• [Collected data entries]
=== Begin Enclosure ===
-- ===== src/Stats/Names.antt =====
-- python/sim/stats.py: the entry of each tensor name and of each pipe name after any history.
use Prim.Native.String.{String}
use text.Mathlib.Text.{◌==◌ as str_eq}
use tt_lang.Prelude.{ℤ, ℕ, ◌≡◌, refl, ◌∙◌, List, [], ◌∷◌, Bool, true, false, if◌then◌else◌, arith}
use tt_lang.Stats.{
  Stats, Table, Counters, enable_stats, disable_stats, reset_stats, change, entry, no_counters,
  get_tensor_name, get_pipe_name, add_read, add_write, calculate_tensor_tiles,
  calculate_block_tiles, record_tensor_read, record_tensor_write, record_pipe_read,
  record_pipe_write, record_dfb_reserve, record_dfb_wait,
}
use tt_lang.Stats.Counts.{entry-change}
use tt_lang.Stats.History.{
  Record, tensor_read, tensor_write, pipe_read, pipe_write, dfb_reserve, dfb_wait, Event, enable,
  disable, reset, op, calls_of, tiles_of, logged, start, run, record_call,
}
use tt_lang.Stats.Agree.{record_call-off, record_call-enabled}

-- What is expected of a name: its calls in a log and their tiles, counted afresh.
abbrev pub expected_counters : (Record → Bool) → (Record → Bool) → List Record → Counters
expected_counters p q log = record {
  reads = calls_of p log;
  writes = calls_of q log;
  tiles_read = tiles_of p log;
  tiles_written = tiles_of q log;
}

module _ (k name : String) (n : ℕ) (t : Table Counters) where
  entry-add_read :
      entry no_counters name (change no_counters k (add_read n) t)
      ≡ (if str_eq k name then add_read n (entry no_counters name t) else entry no_counters name t)
  entry-add_read = ground (
    arith,
    entry-change no_counters k (add_read n) (λ (c : Counters). c.reads) 1 (λ v. refl) name t,
    entry-change no_counters k (add_read n) (λ (c : Counters). c.writes) 0 (λ v. omega arith) name
        t,
    entry-change no_counters k (add_read n) (λ (c : Counters). c.tiles_read) n (λ v. refl) name t,
    entry-change no_counters k (add_read n) (λ (c : Counters). c.tiles_written) 0 (λ v. omega arith)
        name t,
  )

  entry-add_write :
      entry no_counters name (change no_counters k (add_write n) t)
      ≡ (if str_eq k name then add_write n (entry no_counters name t) else entry no_counters name t)
  entry-add_write = ground (
    arith,
    entry-change no_counters k (add_write n) (λ (c : Counters). c.reads) 0 (λ v. omega arith) name
        t,
    entry-change no_counters k (add_write n) (λ (c : Counters). c.writes) 1 (λ v. refl) name t,
    entry-change no_counters k (add_write n) (λ (c : Counters). c.tiles_read) 0 (λ v. omega arith)
        name t,
    entry-change no_counters k (add_write n) (λ (c : Counters). c.tiles_written) n (λ v. refl) name
        t,
  )

module _ (str : ℤ → String) (name : String) where
  abbrev pub reads_tensor : Record → Bool
  reads_tensor (tensor_read t) = str_eq (get_tensor_name str t) name
  reads_tensor _ = false

  abbrev pub writes_tensor : Record → Bool
  writes_tensor (tensor_write t) = str_eq (get_tensor_name str t) name
  writes_tensor _ = false

  abbrev pub reads_pipe : Record → Bool
  reads_pipe (pipe_read p ts) = str_eq (get_pipe_name str p) name
  reads_pipe _ = false

  abbrev pub writes_pipe : Record → Bool
  writes_pipe (pipe_write p ts) = str_eq (get_pipe_name str p) name
  writes_pipe _ = false

  record Named (s : Stats) (log : List Record) : Type 0 where
    tensors :
        entry no_counters name s.stats_by_name ≡ expected_counters reads_tensor writes_tensor log
    pipes :
        entry no_counters name s.pipe_stats_by_name ≡ expected_counters reads_pipe writes_pipe log

  Named-record_call :
      (log : List Record) (x : Record) (s : Stats)
      → s.stats_enabled ≡ true
      → Named s log
      → Named (record_call str x s) (x ∷ log)
  unfolding record_tensor_read record_tensor_write record_pipe_read record_pipe_write
      record_dfb_reserve record_dfb_wait
  Named-record_call log (tensor_read t) s e h = rw e record {
    tensors =
        rw
          (
            entry-add_read (get_tensor_name str t) name (calculate_tensor_tiles t) s.stats_by_name,
            h.tensors,
          )
          (ground arith);
    pipes = rw h.pipes (ground arith);
  }
  Named-record_call log (tensor_write t) s e h = rw e record {
    tensors =
        rw
          (
            entry-add_write (get_tensor_name str t) name (calculate_tensor_tiles t) s.stats_by_name,
            h.tensors,
          )
          (ground arith);
    pipes = rw h.pipes (ground arith);
  }
  Named-record_call log (pipe_read p ts) s e h = rw e record {
    tensors = rw h.tensors (ground arith);
    pipes =
        rw
          (
            entry-add_read (get_pipe_name str p) name (calculate_block_tiles ts)
                s.pipe_stats_by_name,
            h.pipes,
          )
          (ground arith);
  }
  Named-record_call log (pipe_write p ts) s e h = rw e record {
    tensors = rw h.tensors (ground arith);
    pipes =
        rw
          (
            entry-add_write (get_pipe_name str p) name (calculate_block_tiles ts)
                s.pipe_stats_by_name,
            h.pipes,
          )
          (ground arith);
  }
  Named-record_call log (dfb_reserve d n) s e h =
      rw e record { tensors = rw h.tensors (ground arith); pipes = rw h.pipes (ground arith) }
  Named-record_call log (dfb_wait d n) s e h =
      rw e record { tensors = rw h.tensors (ground arith); pipes = rw h.pipes (ground arith) }

  Named-run :
      (log : List Record) (on : Bool) (es : List Event) (s : Stats)
      → s.stats_enabled ≡ on
      → Named s log
      → Named (run str es s) (logged on log es)
  Named-run log on [] s e h = h
  Named-run log on (enable ∷ es) s e h =
      Named-run log true es (enable_stats s) refl (record { tensors = h.tensors; pipes = h.pipes })
  Named-run log on (disable ∷ es) s e h =
      Named-run log false es (disable_stats s) refl
        (record { tensors = h.tensors; pipes = h.pipes })
  Named-run log on (reset ∷ es) s e h =
      Named-run [] on es (reset_stats s) e (record { tensors = refl; pipes = refl })
  Named-run log true (op r ∷ es) s e h =
      Named-run (r ∷ log) true es (record_call str r s) (record_call-enabled str r s ∙ e)
        (Named-record_call log r s e h)
  Named-run log false (op r ∷ es) s e h =
      Named-run log false es (record_call str r s) (record_call-enabled str r s ∙ e)
        (rw (record_call-off str r s e) h)

  -- After any history of calls, from fresh statistics, the entry of a name holds the number of the
  -- reads and writes of the tensors of that name and of the tiles that they moved, and the entry of
  -- a pipe's name those of the pipes of that name: of the calls since the last reset that came while
  -- the statistics were enabled. A name without such a call has an entry of zeros.
  pub run-entries :
      (es : List Event)
      → (entry no_counters name (run str es start).stats_by_name
          ≡ expected_counters reads_tensor writes_tensor (logged false [] es))
        × (entry no_counters name (run str es start).pipe_stats_by_name
            ≡ expected_counters reads_pipe writes_pipe (logged false [] es))
  run-entries es =
      let h = Named-run [] false es start refl (record { tensors = refl; pipes = refl }) in
      (h.tensors, h.pipes)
=== End Enclosure ===
• [PROBLEM DESCRIPTION] Could the data above be set down exactly, in full?

• [YOUR SOLUTION]
-- ===== src/Stats/Names.antt =====
-- python/sim/stats.py: the entry of each tensor name and of each pipe name after any history.
use Prim.Native.String.{String}
use text.Mathlib.Text.{◌==◌ as str_eq}
use tt_lang.Prelude.{ℤ, ℕ, ◌≡◌, refl, ◌∙◌, List, [], ◌∷◌, Bool, true, false, if◌then◌else◌, arith}
use tt_lang.Stats.{
  Stats, Table, Counters, enable_stats, disable_stats, reset_stats, change, entry, no_counters,
  get_tensor_name, get_pipe_name, add_read, add_write, calculate_tensor_tiles,
  calculate_block_tiles, record_tensor_read, record_tensor_write, record_pipe_read,
  record_pipe_write, record_dfb_reserve, record_dfb_wait,
}
use tt_lang.Stats.Counts.{entry-change}
use tt_lang.Stats.History.{
  Record, tensor_read, tensor_write, pipe_read, pipe_write, dfb_reserve, dfb_wait, Event, enable,
  disable, reset, op, calls_of, tiles_of, logged, start, run, record_call,
}
use tt_lang.Stats.Agree.{record_call-off, record_call-enabled}

-- What is expected of a name: its calls in a log and their tiles, counted afresh.
abbrev pub expected_counters : (Record → Bool) → (Record → Bool) → List Record → Counters
expected_counters p q log = record {
  reads = calls_of p log;
  writes = calls_of q log;
  tiles_read = tiles_of p log;
  tiles_written = tiles_of q log;
}

module _ (k name : String) (n : ℕ) (t : Table Counters) where
  entry-add_read :
      entry no_counters name (change no_counters k (add_read n) t)
      ≡ (if str_eq k name then add_read n (entry no_counters name t) else entry no_counters name t)
  entry-add_read = ground (
    arith,
    entry-change no_counters k (add_read n) (λ (c : Counters). c.reads) 1 (λ v. refl) name t,
    entry-change no_counters k (add_read n) (λ (c : Counters). c.writes) 0 (λ v. omega arith) name
        t,
    entry-change no_counters k (add_read n) (λ (c : Counters). c.tiles_read) n (λ v. refl) name t,
    entry-change no_counters k (add_read n) (λ (c : Counters). c.tiles_written) 0 (λ v. omega arith)
        name t,
  )

  entry-add_write :
      entry no_counters name (change no_counters k (add_write n) t)
      ≡ (if str_eq k name then add_write n (entry no_counters name t) else entry no_counters name t)
  entry-add_write = ground (
    arith,
    entry-change no_counters k (add_write n) (λ (c : Counters). c.reads) 0 (λ v. omega arith) name
        t,
    entry-change no_counters k (add_write n) (λ (c : Counters). c.writes) 1 (λ v. refl) name t,
    entry-change no_counters k (add_write n) (λ (c : Counters). c.tiles_read) 0 (λ v. omega arith)
        name t,
    entry-change no_counters k (add_write n) (λ (c : Counters). c.tiles_written) n (λ v. refl) name
        t,
  )

module _ (str : ℤ → String) (name : String) where
  abbrev pub reads_tensor : Record → Bool
  reads_tensor (tensor_read t) = str_eq (get_tensor_name str t) name
  reads_tensor _ = false

  abbrev pub writes_tensor : Record → Bool
  writes_tensor (tensor_write t) = str_eq (get_tensor_name str t) name
  writes_tensor _ = false

  abbrev pub reads_pipe : Record → Bool
  reads_pipe (pipe_read p ts) = str_eq (get_pipe_name str p) name
  reads_pipe _ = false

  abbrev pub writes_pipe : Record → Bool
  writes_pipe (pipe_write p ts) = str_eq (get_pipe_name str p) name
  writes_pipe _ = false

  record Named (s : Stats) (log : List Record) : Type 0 where
    tensors :
        entry no_counters name s.stats_by_name ≡ expected_counters reads_tensor writes_tensor log
    pipes :
        entry no_counters name s.pipe_stats_by_name ≡ expected_counters reads_pipe writes_pipe log

  Named-record_call :
      (log : List Record) (x : Record) (s : Stats)
      → s.stats_enabled ≡ true
      → Named s log
      → Named (record_call str x s) (x ∷ log)
  unfolding record_tensor_read record_tensor_write record_pipe_read record_pipe_write
      record_dfb_reserve record_dfb_wait
  Named-record_call log (tensor_read t) s e h = rw e record {
    tensors =
        rw
          (
            entry-add_read (get_tensor_name str t) name (calculate_tensor_tiles t) s.stats_by_name,
            h.tensors,
          )
          (ground arith);
    pipes = rw h.pipes (ground arith);
  }
  Named-record_call log (tensor_write t) s e h = rw e record {
    tensors =
        rw
          (
            entry-add_write (get_tensor_name str t) name (calculate_tensor_tiles t) s.stats_by_name,
            h.tensors,
          )
          (ground arith);
    pipes = rw h.pipes (ground arith);
  }
  Named-record_call log (pipe_read p ts) s e h = rw e record {
    tensors = rw h.tensors (ground arith);
    pipes =
        rw
          (
            entry-add_read (get_pipe_name str p) name (calculate_block_tiles ts)
                s.pipe_stats_by_name,
            h.pipes,
          )
          (ground arith);
  }
  Named-record_call log (pipe_write p ts) s e h = rw e record {
    tensors = rw h.tensors (ground arith);
    pipes =
        rw
          (
            entry-add_write (get_pipe_name str p) name (calculate_block_tiles ts)
                s.pipe_stats_by_name,
            h.pipes,
          )
          (ground arith);
  }
  Named-record_call log (dfb_reserve d n) s e h =
      rw e record { tensors = rw h.tensors (ground arith); pipes = rw h.pipes (ground arith) }
  Named-record_call log (dfb_wait d n) s e h =
      rw e record { tensors = rw h.tensors (ground arith); pipes = rw h.pipes (ground arith) }

  Named-run :
      (log : List Record) (on : Bool) (es : List Event) (s : Stats)
      → s.stats_enabled ≡ on
      → Named s log
      → Named (run str es s) (logged on log es)
  Named-run log on [] s e h = h
  Named-run log on (enable ∷ es) s e h =
      Named-run log true es (enable_stats s) refl (record { tensors = h.tensors; pipes = h.pipes })
  Named-run log on (disable ∷ es) s e h =
      Named-run log false es (disable_stats s) refl
        (record { tensors = h.tensors; pipes = h.pipes })
  Named-run log on (reset ∷ es) s e h =
      Named-run [] on es (reset_stats s) e (record { tensors = refl; pipes = refl })
  Named-run log true (op r ∷ es) s e h =
      Named-run (r ∷ log) true es (record_call str r s) (record_call-enabled str r s ∙ e)
        (Named-record_call log r s e h)
  Named-run log false (op r ∷ es) s e h =
      Named-run log false es (record_call str r s) (record_call-enabled str r s ∙ e)
        (rw (record_call-off str r s e) h)

  -- After any history of calls, from fresh statistics, the entry of a name holds the number of the
  -- reads and writes of the tensors of that name and of the tiles that they moved, and the entry of
  -- a pipe's name those of the pipes of that name: of the calls since the last reset that came while
  -- the statistics were enabled. A name without such a call has an entry of zeros.
  pub run-entries :
      (es : List Event)
      → (entry no_counters name (run str es start).stats_by_name
          ≡ expected_counters reads_tensor writes_tensor (logged false [] es))
        × (entry no_counters name (run str es start).pipe_stats_by_name
            ≡ expected_counters reads_pipe writes_pipe (logged false [] es))
  run-entries es =
      let h = Named-run [] false es start refl (record { tensors = refl; pipes = refl }) in
      (h.tensors, h.pipes)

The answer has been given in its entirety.